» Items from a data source

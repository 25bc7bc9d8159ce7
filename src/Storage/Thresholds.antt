-- ===== src/Storage/Thresholds.antt =====
-- internal/storage/repositories.go: the table of the threshold overrides. It is the list of its rows
-- in the order of their primary key, the module and the key.
use withdraw_bot.Prelude.{
  ℤ, String, Bool, ◌&&◌, ◌||◌, Option, none, some, List, [], ◌∷◌, str_eq, str_ltb, if◌then◌else◌,
}
use withdraw_bot.Errors.{Error, Result, ok, ◌>>◌, ◌>>=◌}
use withdraw_bot.Core.{Time}

pub record StoredOverride : Type 0 where
  pub module_id : String
  pub key : String
  pub value : String
  pub updated_by_user_id : ℤ
  pub updated_at : Time

-- The errors of the driver, and of the parser of the times, in one operation.
pub record OverrideFaults : Type 0 where
  pub upsert : Option Error
  pub query : Option Error
  pub scan : StoredOverride → Option Error
  pub parse_updated_at : StoredOverride → Option Error
  pub rows : Option Error

abbrev pub has_key : String → String → StoredOverride → Bool
has_key module_id key o = str_eq module_id o.module_id && str_eq key o.key

-- The order of the primary key.
abbrev pub is_before : StoredOverride → StoredOverride → Bool
is_before a b =
    str_ltb a.module_id b.module_id || (str_eq a.module_id b.module_id && str_ltb a.key b.key)

-- `INSERT … ON CONFLICT(module_id, key) DO UPDATE …`
unfoldable pub upsert_row : StoredOverride → List StoredOverride → List StoredOverride
upsert_row o [] = o ∷ []
upsert_row o (r ∷ rs) =
    let below = upsert_row o rs in
    if has_key o.module_id o.key r
    then (record r {
      value = o.value;
      updated_by_user_id = o.updated_by_user_id;
      updated_at = o.updated_at;
    }
        ∷ rs)
    else (if is_before o r then o ∷ r ∷ rs else r ∷ below)

-- What the driver answers to the statement, and the table after it.
abbrev pub upserted :
    Option Error → StoredOverride → List StoredOverride → Option Error × List StoredOverride
upserted (some e) o table = (some (Error.wrapped "upsert threshold override" e), table)
upserted none o table = (none, upsert_row o table)

unfoldable pub upsert_threshold_override :
    OverrideFaults
    → String
    → String
    → String
    → ℤ
    → Time
    → List StoredOverride
    → Option Error × List StoredOverride
upsert_threshold_override faults module_id key value user_id at table =
    upserted faults.upsert
      (record {
        module_id = module_id;
        key = key;
        value = value;
        updated_by_user_id = user_id;
        updated_at = at;
      })
      table

abbrev pub wrap : String → Option Error → Option Error
wrap operation none = none
wrap operation (some e) = some (Error.wrapped operation e)

-- The loop over the rows, and the error of the rows at its end.
unfoldable pub scan_overrides : OverrideFaults → List StoredOverride → Result (List StoredOverride)
scan_overrides faults [] = wrap "list threshold overrides" faults.rows >> ok []
scan_overrides faults (r ∷ rs) =
    let rest = scan_overrides faults rs in
    wrap "list threshold override" (faults.scan r)
    >> (wrap "parse threshold override updated_at" (faults.parse_updated_at r)
        >> (rest >>= λ overrides. ok (r ∷ overrides)))

-- `ORDER BY module_id, key` is the order of the table.
unfoldable pub list_threshold_overrides :
    OverrideFaults → List StoredOverride → Result (List StoredOverride)
unfolding scan_overrides
list_threshold_overrides faults table =
    wrap "list threshold overrides" faults.query >> scan_overrides faults table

» Required action
Find the line that contains "value = value;". Copy it and every line after it to the end of the records, exactly, and nothing more.

» Finished task
        value = value;
        updated_by_user_id = user_id;
        updated_at = at;
      })
      table

abbrev pub wrap : String → Option Error → Option Error
wrap operation none = none
wrap operation (some e) = some (Error.wrapped operation e)

-- The loop over the rows, and the error of the rows at its end.
unfoldable pub scan_overrides : OverrideFaults → List StoredOverride → Result (List StoredOverride)
scan_overrides faults [] = wrap "list threshold overrides" faults.rows >> ok []
scan_overrides faults (r ∷ rs) =
    let rest = scan_overrides faults rs in
    wrap "list threshold override" (faults.scan r)
    >> (wrap "parse threshold override updated_at" (faults.parse_updated_at r)
        >> (rest >>= λ overrides. ok (r ∷ overrides)))

-- `ORDER BY module_id, key` is the order of the table.
unfoldable pub list_threshold_overrides :
    OverrideFaults → List StoredOverride → Result (List StoredOverride)
unfolding scan_overrides
list_threshold_overrides faults table =
    wrap "list threshold overrides" faults.query >> scan_overrides faults table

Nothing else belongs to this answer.